Also as someone said make sure you have enough anchor rope to stretch out in order to get a solid hang on the bottom. http://www.boatingmag.com/how-to/tips-properly-setting-anchor


----------



## capt stan (Feb 1, 2017)

Best advice I can give for a new fisherman trying to stay on structure is this...  Take the DNR # and find the structure on your depth finder...mark it when you SEE the structure.  now....

keep boat  bumped in gear  just enough to make headway..
go across structure again.. watch your depth finder.... Mark structure as soon as you see it...then again as soon as you get off of it. continue in the same direction while doing this.

repeat this process many times in every conceivable direction you can.

N to S
E to W
NW to SE
NE To SW
You get the picture...

this can take as much as an hour//depending on how detailed you want the structure picture on your GPS.

Also..mark any HIGH structure or relief you may see when doing this.."inside" the boundaries if you will.
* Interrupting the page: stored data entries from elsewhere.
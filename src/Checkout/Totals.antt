-- ===== src/Checkout/Totals.antt =====
-- `calculateTotals`, over the fees of services/commerce/src/config.ts.
use seapedia.Prelude.{ℕ, ◌+◌, ◌-◌, ◌*◌, ◌/◌}
use seapedia.Db.{DeliveryMethod, instant, next_day, regular, other}

pub record Fees : Type 0 where
  pub instant_fee : ℕ
  pub next_day_fee : ℕ
  pub regular_fee : ℕ

-- `fees[deliveryMethod] ?? 0`
unfoldable pub fee_of : Fees → DeliveryMethod → ℕ
fee_of fees instant = fees.instant_fee
fee_of fees next_day = fees.next_day_fee
fee_of fees regular = fees.regular_fee
fee_of fees (other _) = 0

pub record Totals : Type 0 where
  pub delivery_fee : ℕ
  pub tax_base : ℕ
  pub ppn : ℕ
  pub total_amount : ℕ
  pub discounted_subtotal : ℕ

-- `Math.round(taxBase * 0.12)`. The product is never half way between two integers, so this is the
-- nearest integer to twelve hundredths.
unfoldable pub ppn_of : ℕ → ℕ
ppn_of base = (base * 12 + 50) / 100

-- `Math.max(0, subtotal - discountAmount)` is the subtraction that stops at 0.
unfoldable pub calculate_totals : Fees → ℕ → DeliveryMethod → ℕ → Totals
unfolding fee_of ppn_of
calculate_totals fees subtotal method discount =
    let fee = fee_of fees method in
    let discounted = subtotal - discount in
    let base = discounted + fee in
    let tax = ppn_of base in
    record {
      delivery_fee = fee;
      tax_base = base;
      ppn = tax;
      total_amount = base + tax;
      discounted_subtotal = discounted;
    }
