-- ===== src/Checkout/Items.antt =====
-- The items of a cart joined with their products and stock, and the loop that reserves the stock.
use seapedia.Prelude.{
  ℕ, ◌+◌, ◌-◌, ◌*◌, Bool, true, false, ◌&&◌, Option, none, some, List, [], ◌∷◌, ◌++◌, map, String,
  ltb, leb, ◌==◌, find, update, select, sort_by, sum_by,
}
use seapedia.Db.{
  CartItem, ProductRef, Stock, Event, inventory_changed, Db, Result, ok, err, Action, validation,
  Reason, Env,
}

pub record CheckoutItem : Type 0 where
  pub cart_item_id : ℕ
  pub product_id : ℕ
  pub quantity : ℕ
  pub name : String
  pub price : ℕ
  pub stock : ℕ
  pub store_id : ℕ

abbrev pub join_product : CartItem → Option ProductRef → Option Stock → Option CheckoutItem
join_product c (some p) (some s) = some (record {
  cart_item_id = c.id;
  product_id = c.product_id;
  quantity = c.quantity;
  name = p.name;
  price = p.price;
  stock = s.stock;
  store_id = p.store_id;
})
join_product c _ _ = none

-- The two inner joins are on primary keys, so a cart item gives one row, or none if its product or
-- its stock is not there.
abbrev pub join_item : Db → CartItem → Option CheckoutItem
join_item d c =
    join_product c (find (λ (p : ProductRef). p.id == c.product_id) d.product_refs)
      (find (λ (s : Stock). s.product_id == c.product_id) d.inventory)

abbrev pub keep_joined : Option CheckoutItem → List CheckoutItem → List CheckoutItem
keep_joined none rest = rest
keep_joined (some i) rest = i ∷ rest

unfoldable pub join_items : Db → List CartItem → List CheckoutItem
join_items d [] = []
join_items d (c ∷ cs) = keep_joined (join_item d c) (join_items d cs)

-- The select of step 2 of `createOrder`.
unfoldable pub checkout_items : Db → ℕ → List CheckoutItem
unfolding join_items
checkout_items d cart = join_items d (select (λ (c : CartItem). c.cart_id == cart) d.cart_items)

abbrev pub subtotal_of : List CheckoutItem → ℕ
subtotal_of = sum_by (λ i. i.price * i.quantity)

abbrev pub by_product : CheckoutItem → CheckoutItem → Bool
by_product a b = leb a.product_id b.product_id

abbrev pub has_stock : ℕ → ℕ → Stock → Bool
has_stock product quantity s = s.product_id == product && leb quantity s.stock

abbrev pub take_stock : Env → ℕ → Stock → Stock
take_stock env quantity s = record s {
  stock = s.stock - quantity;
  version = s.version + 1;
  updated_at = env.now;
}

abbrev pub Reserved : Type 0
Reserved = Result (List Stock × List Stock)

-- The rows that were changed, as `returning` gives them, and the table.
abbrev pub keep_reserved : Stock → Reserved → Reserved
keep_reserved s (ok (changes, rows)) = ok (s ∷ changes, rows)
keep_reserved s (err e) = err e

-- One round: is the stock that was read too low, which row has the stock now, and the later rounds.
abbrev pub reserve_item : Env → CheckoutItem → Bool → Option Stock → Reserved → Reserved
reserve_item env i true _ later = err (validation (Reason.insufficient_stock i.name i.stock))
reserve_item env i false none later = err (validation (Reason.stock_changed i.name))
reserve_item env i false (some s) later = keep_reserved (take_stock env i.quantity s) later

-- The loop of step 5: every item is checked against the stock that was read and against the stock
-- that is there.
unfoldable pub reserve_rows : Env → List CheckoutItem → List Stock → Reserved
reserve_rows env [] rows = ok ([], rows)
reserve_rows env (i ∷ is) rows =
    reserve_item env i (ltb i.stock i.quantity) (find (has_stock i.product_id i.quantity) rows) (
      reserve_rows env is
        (update (has_stock i.product_id i.quantity) (take_stock env i.quantity) rows))

-- `CommerceEvents.inventoryChanged`
abbrev pub inventory_event : Stock → Event
inventory_event s = inventory_changed s.product_id s.stock s.version

abbrev pub write_reserved : Db → Reserved → Result (Unit {0}) × Db
write_reserved d (ok (changes, rows)) =
    (ok tt, record d { inventory = rows; outbox = d.outbox ++ map inventory_event changes })
write_reserved d (err e) = (err e, d)

-- Step 5, in the order of the product ids, with the events of the changed rows.
unfoldable pub reserve_stock : Env → List CheckoutItem → Action (Unit {0})
reserve_stock env items d =
    write_reserved d (reserve_rows env (sort_by by_product items) d.inventory)
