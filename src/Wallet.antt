-- ===== src/Wallet.antt =====
-- The wallet half of BuyersService (services/commerce/src/modules/buyers/buyers.service.ts), and the
-- statements on wallets that checkout and the overdue run share with it.
pub mod Ledger
pub mod Owned
use seapedia.Prelude.{
  ℕ, ◌+◌, ◌-◌, Bool, ◌&&◌, Option, none, some, List, [], ◌∷◌, ◌++◌, ℤ, pos, ltb, leb, ◌==◌, is_some,
  find, select, update, sort_by, if◌then◌else◌,
}
use seapedia.Db.{
  Wallet, WalletTransaction, TransactionType, TransactionStatus, Reference, Db, Result, ok, err,
  Action, pure, throw, gets, or_throw, transaction, ◌>>=◌, ◌>>◌, throw_if, modify, out_of_range,
  max_int, Env, Error,
}

abbrev pub is_of_user : ℕ → Wallet → Bool
is_of_user user w = w.user_id == user

abbrev pub new_wallet : Env → ℕ → Wallet
new_wallet env user = record {
  id = env.uuid 0;
  user_id = user;
  balance = 0;
  created_at = env.now;
  updated_at = env.now;
}

abbrev pub found_or_new : Env → ℕ → Option Wallet → Action Wallet
found_or_new env user (some w) d = (ok w, d)
found_or_new env user none d =
    (ok (new_wallet env user), record d { wallets = d.wallets ++ (new_wallet env user ∷ []) })

-- `getOrCreateWallet`: a wallet of the user's, or a new one of balance 0.
unfoldable pub get_or_create_wallet : Env → ℕ → Action Wallet
get_or_create_wallet env user d = found_or_new env user (find (is_of_user user) d.wallets) d

abbrev pub is_wallet : ℕ → Wallet → Bool
is_wallet id w = w.id == id

abbrev pub overflows : ℕ → ℕ → Wallet → Bool
overflows id amount w = w.id == id && ltb max_int (w.balance + amount)

abbrev pub add_balance : Env → ℕ → Wallet → Wallet
add_balance env amount w = record w { balance = w.balance + amount; updated_at = env.now }

-- `set balance = balance + amount where id = …`
unfoldable pub credit_wallet : Env → ℕ → ℕ → Action (Unit {0})
credit_wallet env id amount = do
  throw_if (is_some (← gets (λ d. find (overflows id amount) d.wallets))) out_of_range
  modify (λ d. record d { wallets = update (is_wallet id) (add_balance env amount) d.wallets })

abbrev pub covers : ℕ → ℕ → Wallet → Bool
covers id amount w = w.id == id && leb amount w.balance

abbrev pub take_balance : Env → ℕ → Wallet → Wallet
take_balance env amount w = record w { balance = w.balance - amount; updated_at = env.now }

-- `set balance = balance - amount where id = … and balance >= amount`, or the error if that finds no
-- row.
unfoldable pub debit_wallet : Env → ℕ → ℕ → Error → Action (Unit {0})
debit_wallet env id amount e = do
  or_throw (← gets (λ d. find (covers id amount) d.wallets)) e
  modify (λ d. record d { wallets = update (covers id amount) (take_balance env amount) d.wallets })

-- Every caller writes the status 'success'.
unfoldable pub post_transaction :
    Env → ℕ → ℕ → ℤ → TransactionType → Reference → Action WalletTransaction
post_transaction env id wallet amount kind reference d =
    let row : WalletTransaction = record {
      id = id;
      wallet_id = wallet;
      amount = amount;
      kind = kind;
      status = TransactionStatus.success;
      reference = reference;
      created_at = env.now;
    } in
    (ok row, record d { wallet_transactions = d.wallet_transactions ++ (row ∷ []) })

-- The body of the transaction of `directTopUp`.
unfoldable pub record_top_up : Env → ℕ → ℕ → Action WalletTransaction
unfolding post_transaction credit_wallet
record_top_up env wallet amount = do
  row ←
      post_transaction env (env.uuid 1) wallet (pos amount) TransactionType.topup
        (Reference.topup_ref env.random)
  credit_wallet env wallet amount
  pure row

-- `directTopUp`: the wallet is made outside of the transaction. The amount is one that the route's
-- schema let pass, so it is not negative.
unfoldable pub direct_top_up : Env → ℕ → ℕ → Action WalletTransaction
direct_top_up env user amount = do
  wallet ← get_or_create_wallet env user
  transaction (record_top_up env wallet.id amount)

-- `getWalletTransactions`: the newest first.
unfoldable pub get_wallet_transactions : Env → ℕ → Action (List WalletTransaction)
unfolding get_or_create_wallet
get_wallet_transactions env user = do
  wallet ← get_or_create_wallet env user
  gets (λ d.
      sort_by (λ (s t : WalletTransaction). leb t.created_at s.created_at)
        (select (λ (t : WalletTransaction). t.wallet_id == wallet.id) d.wallet_transactions))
Now after completing this...you will see on your GPS a cluster of marks.... now you have the actual perimeters of the structure!!! Not the (general area DNR #)  zoom your GPS in..... figure out your drift... drop anchor and you can position your boat much easier over the cluster of structure depending on wind and tide. AT THIS POINT YOU CAN ALLOW MORE ROPE OUT...OR TAKE ROPE IN BY THE FOOT AND GET ZEROED RIGHT IN ON THE STRUCTURE...even the "high points" mentioned earlier..

If you put the time into it..You will see this will pay off and you can then stay on structure very easily.. Good luck with the fishing.


----------



## washercan4 (Feb 2, 2017)

Thanks for all the help and encouragement everyone! The next time I go out I'll give all this advise a try and post back how it goes


----------